# To get plastered or not to get plastered is the question



## Czar (Nov 11, 2009)

Who's getting plastered/drunk/crunk/ poop faced/hammered/twisted/wastered 2night?:woof:


----------



## Black Rabbit (Nov 14, 2009)

I know I am.


----------



## Czar (Nov 11, 2009)

:cheers: :roll:


----------



## Black Rabbit (Nov 14, 2009)

Aaawww yea


----------



## reddoggy (Jan 31, 2008)

Not I. I'm going to a family friendly block party at the Cardinals stadium and then will prolly just kick it at home and listen to the automatic gun fire round the bonfire.... My goals and resolutions are way too important to be waking up hungover in January 2nd LMAO


----------



## cEElint (Oct 6, 2009)

i'll have a couple drinks early, but thats about it... i'm driving everyone.. lol.. i dont drink and drive anyways, i've have too many close calls when doing so...


----------



## Czar (Nov 11, 2009)

cEElint said:


> i'll have a couple drinks early, but thats about it... i'm driving everyone.. lol.. i dont drink and drive anyways, i've have too many close calls when doing so...

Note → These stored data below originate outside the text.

-- ===== src/Lib.antt =====
-- Lumina AI: the logic of its backend (a multi-tenant assistant that answers from documents).
--
-- The program's parts that are modelled, and how they meet: a question of a user first reserves its
-- quotas (Quota), a session decides who asks (Identity), the retrieval fuses what its routes find,
-- gates it, selects the context and cites it (Rag), and what is retrieved was made from documents by
-- the cleaner and the chunker (Etl) under the versions that a rebuild keeps (Knowledge), with the
-- parameters that a knowledge base and its tenant set (Settings). Answers, vectors and rankings come
-- from model providers (Gateway), and a turn of a conversation streams, saves and settles the answer
-- (Conversation). Before all that a request has to pass the rate limit (Api). Quotas, sessions and the
-- rate limit keep their state on a Redis server.
--
--   Prelude           native numbers, tests, lists, integers, texts as lists of code points
--   Redis             the server: `Cache` and `Counters` are records of its commands and their
--                     documented laws; Redis.Memory meets them; `tenant_key` of backend/core/redis.py
--   Quota.Resource, Quota.Period, Quota.Plan, Quota.Service
--                     backend/services/platform/quota.py: `QuotaService` with `check_and_reserve`,
--                     `check_headroom`, `commit`, `release`, `correct`, `status`
--   Quota.Service.Reconcile
--                     backend/services/platform/reconciliation.py: `reconcile_tenant`
--   Quota.Budget      backend/services/conversation/budget.py: `TurnBudget`
--   Quota.Slots       backend/services/platform/fairness.py: `TenantSlotLimiter`; in
--                     Quota.Slots.Interleaving every command of every worker is a step of its own
--   Identity.Tokens   backend/services/identity/tokens.py: `TokenCodec`
--   Identity.Rotation, Identity.Attempts, Identity.Sessions
--                     backend/services/identity/auth.py: the script `_ROTATE_LUA`, the lock on failed
--                     logins, and `AuthService`
--   Identity.Users    backend/repositories/identity.py: `UserRepository`
--   Rag.Chunk, Rag.Fusion, Rag.Select
--                     backend/rag/retrievers/vector.py and backend/rag/pipeline.py
--   Rag.Citation      backend/rag/citation.py
--   Rag.Metrics       backend/rag/metrics.py, without `aggregate`
--   Etl.Tokens        backend/etl/tokens.py
--   Etl.Clean         backend/etl/clean.py, with its texts in Etl.Clean.Normal
--   Etl.Sentences, Etl.Chunk
--                     backend/etl/chunk.py, with the blocks of backend/etl/extract/model.py
--   Gateway           backend/ai/gateway: Gateway.Chat its types, Gateway.Stream `stream_chat`,
--                     Gateway.Embed `embed`, Gateway.Rerank `rerank` with both adapters,
--                     Gateway.Sse and Gateway.Vectors the chat and the embedding adapter of
--                     providers/openai_compatible.py, Gateway.Vendors its table, its requests and
--                     the factories, Gateway.Json the values of `json.loads`
--   Conversation.Turn backend/services/conversation/chat.py: `generate` with `_complete`, `_fail`,
--                     `_persist`, over the stream of the gateway
--   Knowledge.DocumentStatus, Knowledge.ReindexPlan
--                     backend/common/document_status.py, backend/services/knowledge/reindex_plan.py
--   Knowledge.Tables  the rows of a tenant and the queries of backend/repositories/knowledge.py
--   Knowledge.Reingest
--                     `reingest` of backend/services/knowledge/documents.py
--   Knowledge.Reindex backend/services/knowledge/reindex.py: `KbReindexService`; the file has the
--                     embedding and the switch, Knowledge.Reindex.Advance `start`, `advance` and the
--                     rechunking, the other children the theorems
--   Knowledge.Rescue  backend/services/knowledge/rescue.py: both `rescue_tenant`
--   Knowledge.Cleanup `purge_switched` of backend/services/knowledge/cleanup.py
--   Settings          backend/services/knowledge/kb_config.py: Settings.Write and Settings.Validate
--                     are the side of the writer, Settings.Read that of the reader; Settings.Params is
--                     backend/services/rag/params.py and `_chunk_config_from`
--   Api.RateLimit     backend/api/middleware/rate_limit.py
--   Tests             the theorems at concrete inputs
--
-- A service keeps no state of its own: a call takes a record of what it reads (`Site`) and the state
-- it changes (`World`: the server, the notices sent, the tables of users and of the audit), and
-- returns the state also when it raises; an exception is a value (`quota_exceeded`, `raised`).
--
-- Parameters stand for what is not in the repository: the Redis server, PyJWT (`Jwt`), the password
-- hasher, floats (`Floats`: sum, product, reciprocal of a number and a total order), `int(text)`, and
-- the float computation of the slice length in `_hard_split`, the embedding call of the gateway, the
-- categories of Unicode, the language model of the cleaner, and a text as part of a key. The floats of
-- the settings are no parameter: a finite double is a whole number of units of 2^-1074, `float` of an
-- int rounds to 53 bits and overflows as Python's does, and the two zeros are one. Moments of sessions
-- are whole seconds (at a logout also a part of one; the life of a family, for which the source reads
-- the clock again, may be a second longer than there), those of quotas a calendar day and
-- microseconds. An identifier is its text; that of a chunk is its 128-bit number, which has the same order.
-- A generator is the list of what it yields and how it ends; a provider that streams is a list of
-- answers with the times they take, in microseconds. JSON is parsed by a parameter, whose values are a
-- data type; HTTP is what a request comes to.
-- A message that is sent is in the queue: a failure of the broker is not modelled. Scores are totally
-- ordered: there is no NaN.
-- A transaction is one function on the tables; what other processes do happens between two of them.
-- Keys with counters and keys with texts stand in two caches: no key of the program holds both.
-- Loops are structural recursions; `slices` runs on as many steps as the text has characters, which
-- is enough as a slice has at least one, and `decimal_on` on more steps than the number has digits.
-- `embed_batches` runs on as many steps as there are chunks to embed, and each batch has one;
-- `read_param` on two, as one parameter of the built-in specs is bounded by another and that by none.
-- Ratios that the source compares as floats are compared as fractions.
--
-- Not modelled: the memo of the limits in the request cache, logging, the delivery of notices, the
-- clean-up of `TurnBudget.reserve` after another exception than an exceeded quota (it is the same
-- path), the loops over all tenants of the reconciliation, the rescue and the clean-up, the wording of
-- messages, the other Django models and queries, the composer of prompts and the start of a turn, the
-- mock providers, the rest of the API layer, the workers and the frontend.
pub mod Prelude
pub mod Redis
pub mod Settings
pub mod Api
pub mod Quota
pub mod Conversation
pub mod Etl
pub mod Gateway
pub mod Knowledge
pub mod Rag
pub mod Identity
mod Tests
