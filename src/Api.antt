-- ===== src/Api.antt =====
-- The HTTP layer: backend/api.
pub mod RateLimit
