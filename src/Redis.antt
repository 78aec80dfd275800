-- ===== src/Redis.antt =====
-- The Redis server as a client sees it (backend/core/redis.py builds the client and its keys).
-- The server is not part of the repository: it is a parameter, with what its documentation says of
-- each command as laws. `none` from `ttl` is a key with no expiry, or no key. A time to live of 0
-- is excluded (`EXPIRE key 0` deletes, `SET … EX 0` is a syntax error); the program never sends one.
pub mod Memory
pub mod Keys
use Prim.Native.String.{◌++◌}
use text.Mathlib.Text.{◌==◌}
use lumina_ai.Prelude.{
  ℕ, ◌<◌, String, ◌≡◌, Bool, true, false, ◌&&◌, Option, none, some, List, [], ◌∷◌, leb, ◌-◌,
  if◌then◌else◌,
}
use lumina_ai.Prelude.Int.{ℤ, pos, ◌+ℤ◌}

-- `":".join(parts)` after a first part.
join_parts : String → List String → String
join_parts first [] = first
join_parts first (part ∷ parts) = join_parts (first ++ ":" ++ part) parts

-- The key of a tenant: `t:{tenant_id}:part1:part2`.
unfoldable pub tenant_key : String → List String → String
unfolding join_parts
tenant_key tenant_id parts = join_parts ("t:" ++ tenant_id) parts

module _ {V : Type 0} where
  abbrev pub is_some : Option V → Bool
  is_some none = false
  is_some (some v) = true

  abbrev pub is_none : Option V → Bool
  is_none none = true
  is_none (some v) = false

-- A key with this time to live is gone after `d` more seconds.
abbrev pub expires_within : Option ℕ → ℕ → Bool
expires_within none d = false
expires_within (some t) d = leb t d

abbrev pub shorten : Option ℕ → ℕ → Option ℕ
shorten none d = none
shorten (some t) d = if leb t d then none else some (t - d)

-- GET, TTL, SET … EX, SET … NX EX, DEL, EXPIRE, EXPIRE … NX, and the passing of time.
pub record Cache (V : Type 0) : Type 1 where
  pub Store : Type 0
  pub get : Store → String → Option V
  pub ttl : Store → String → Option ℕ
  pub set : Store → String → V → ℕ → Store
  pub set_nx : Store → String → V → ℕ → Store
  pub delete : Store → String → Store
  pub expire : Store → String → ℕ → Store
  pub expire_nx : Store → String → ℕ → Store
  pub elapse : Store → ℕ → Store
  pub get_set :
      (s : Store) (k : String) (v : V) (t : ℕ) (j : String)
      → 0 < t
      → get (set s k v t) j ≡ (if k == j then some v else get s j)
  pub ttl_set :
      (s : Store) (k : String) (v : V) (t : ℕ) (j : String)
      → 0 < t
      → ttl (set s k v t) j ≡ (if k == j then some t else ttl s j)
  pub get_set_nx :
      (s : Store) (k : String) (v : V) (t : ℕ) (j : String)
      → 0 < t
      → get (set_nx s k v t) j ≡ (if k == j && is_none (get s k) then some v else get s j)
  pub get_delete :
      (s : Store) (k j : String) → get (delete s k) j ≡ (if k == j then none else get s j)
  pub ttl_delete :
      (s : Store) (k j : String) → ttl (delete s k) j ≡ (if k == j then none else ttl s j)
  pub get_expire :
      (s : Store) (k : String) (t : ℕ) (j : String) → 0 < t → get (expire s k t) j ≡ get s j
  pub ttl_expire :
      (s : Store) (k : String) (t : ℕ) (j : String)
      → 0 < t
      → ttl (expire s k t) j ≡ (if k == j && is_some (get s k) then some t else ttl s j)
  pub get_expire_nx :
      (s : Store) (k : String) (t : ℕ) (j : String) → 0 < t → get (expire_nx s k t) j ≡ get s j
  pub ttl_expire_nx :
      (s : Store) (k : String) (t : ℕ) (j : String)
      → 0 < t
      → ttl (expire_nx s k t) j
        ≡ (if k == j && is_some (get s k) && is_none (ttl s k) then some t else ttl s j)
  pub get_elapse :
      (s : Store) (d : ℕ) (j : String)
      → get (elapse s d) j ≡ (if expires_within (ttl s j) d then none else get s j)
  pub ttl_elapse : (s : Store) (d : ℕ) (j : String) → ttl (elapse s d) j ≡ shorten (ttl s j) d

-- `int(client.get(key) or 0)`.
abbrev pub or_zero : Option ℤ → ℤ
or_zero none = pos 0
or_zero (some n) = n

-- Keys that hold counters: INCRBY (INCR, DECR and DECRBY are calls of it) keeps the expiry of the
-- key, and makes a missing key that has none.
pub record Counters : Type 1 where
  pub cache : Cache ℤ
  pub open cache use *
  pub incrby : cache.Store → String → ℤ → cache.Store
  pub get_incrby :
      (s : cache.Store) (k : String) (n : ℤ) (j : String)
      → cache.get (incrby s k n) j
        ≡ (if k == j then some (or_zero (cache.get s k) +ℤ n) else cache.get s j)
  pub ttl_incrby :
      (s : cache.Store) (k : String) (n : ℤ) (j : String)
      → cache.ttl (incrby s k n) j ≡ cache.ttl s j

yea thats good , cause cops gonna be out having a field day


----------



## mygirlmaile (Mar 26, 2009)

I am avoiding liquor at all costs. Im spending the evening with my family playing Wii and eating. LOL. Hangovers are TOTALLYYYY not worth it to me anymore. LMFAO.


----------



## meganc66 (Mar 6, 2009)

Will NOT be drinking anything tonight. I don't want to die. lmao


----------



## Lex's Guardian (Aug 8, 2009)

mygirlmaile said:


> I am avoiding liquor at all costs. Im spending the evening with my family playing Wii and eating. LOL. Hangovers are TOTALLYYYY not worth it to me anymore. LMFAO.


Agreed 

Have fun with your medal & liquor Czar (JP) lolz...


----------



## Black Rabbit (Nov 14, 2009)

Aww Czar looks like it's just you and me gettin messed up tonight. lol.


----------



## Czar (Nov 11, 2009)

Lex's Guardian said:


> Agreed
> 
> Have fun with your medal & liquor Czar (JP) lolz...


:rofl: I will


----------



## mygirlmaile (Mar 26, 2009)

Czar said:


> :rofl: I will


I demand pictures...that will only be allowed in the VIP! LOL.


----------



## Black Rabbit (Nov 14, 2009)

mygirlmaile said:


> I demand pictures...that will only be allowed in the VIP! LOL.


:rofl::rofl:


----------



## Czar (Nov 11, 2009)

U might get butta ball naked pics then lollll


----------



## Black Rabbit (Nov 14, 2009)

Czar said:


> U might get butta ball naked pics then lollll


:rofl::rofl::rofl: I think that's what she wanted. lol.


----------



## mygirlmaile (Mar 26, 2009)

Czar said:


> U might get butta ball naked pics then lollll


i just threw up in my mouth a lil...lol.
:rofl::rofl::rofl::rofl:


----------



## Black Rabbit (Nov 14, 2009)

mygirlmaile said:


> i just threw up in my mouth a lil...lol.
> :rofl::rofl::rofl::rofl:


:rofl::rofl::rofl::rofl::rofl::rofl::rofl::rofl::rofl::rofl::rofl::rofl::rofl::rofl:
OMG I almost choked on my soda ha ha ha ha


----------



## Czar (Nov 11, 2009)

mygirlmaile said:


> i just threw up in my mouth a lil...lol.
> :rofl::rofl::rofl::rofl:


ahahahahaha u sick individual :stick: u


----------



## Black Rabbit (Nov 14, 2009)

Czar said:


> ahahahahaha u sick individual :stick: u


:rofl::rofl::rofl:
OMG you guys are crackin me up.


----------



## meganc66 (Mar 6, 2009)

wow... all i have to say bout you peeps. you musta already started the party


----------



## dbbear (Mar 16, 2009)

hell; we're from Oklahoma.....the party doesn't even start 'till the possum gets it's tail cut off!


----------



## meganc66 (Mar 6, 2009)

what the crabs? possum? why?


----------



## PrairieMoonPits (Dec 16, 2009)

lol i wanna get crunked but cant ug


----------



## Czar (Nov 11, 2009)

PrairieMoonPits said:


> lol i wanna get crunked but cant ug


----------



## PrairieMoonPits (Dec 16, 2009)

lol thanks Czar


----------



## Black Rabbit (Nov 14, 2009)

Czar said:


>


:rofl::rofl::rofl::rofl::rofl::rofl: too funny


----------



## bahamutt99 (May 14, 2008)

I don't know yet. I have to work at 6am tomorrow, so I'm unlikely to get as fitshaced as I'd like to.


----------



## Black Rabbit (Nov 14, 2009)

bahamutt99 said:


> I don't know yet. I have to work at 6am tomorrow, so I'm unlikely to get as fitshaced as I'd like to.


I'll make sure to trow a few back for you k. :woof::woof::woof:


----------



## Aidan (Nov 3, 2009)

Jose, maybe Mr Crown is deff coming out tonight to play.


----------



## Czar (Nov 11, 2009)

Made it home from the party @ 130am Im' feeling good and fat right now and I love u all and i love my pitbull and ur pitbulls..


ok im to typsy to be typin off to the cama


----------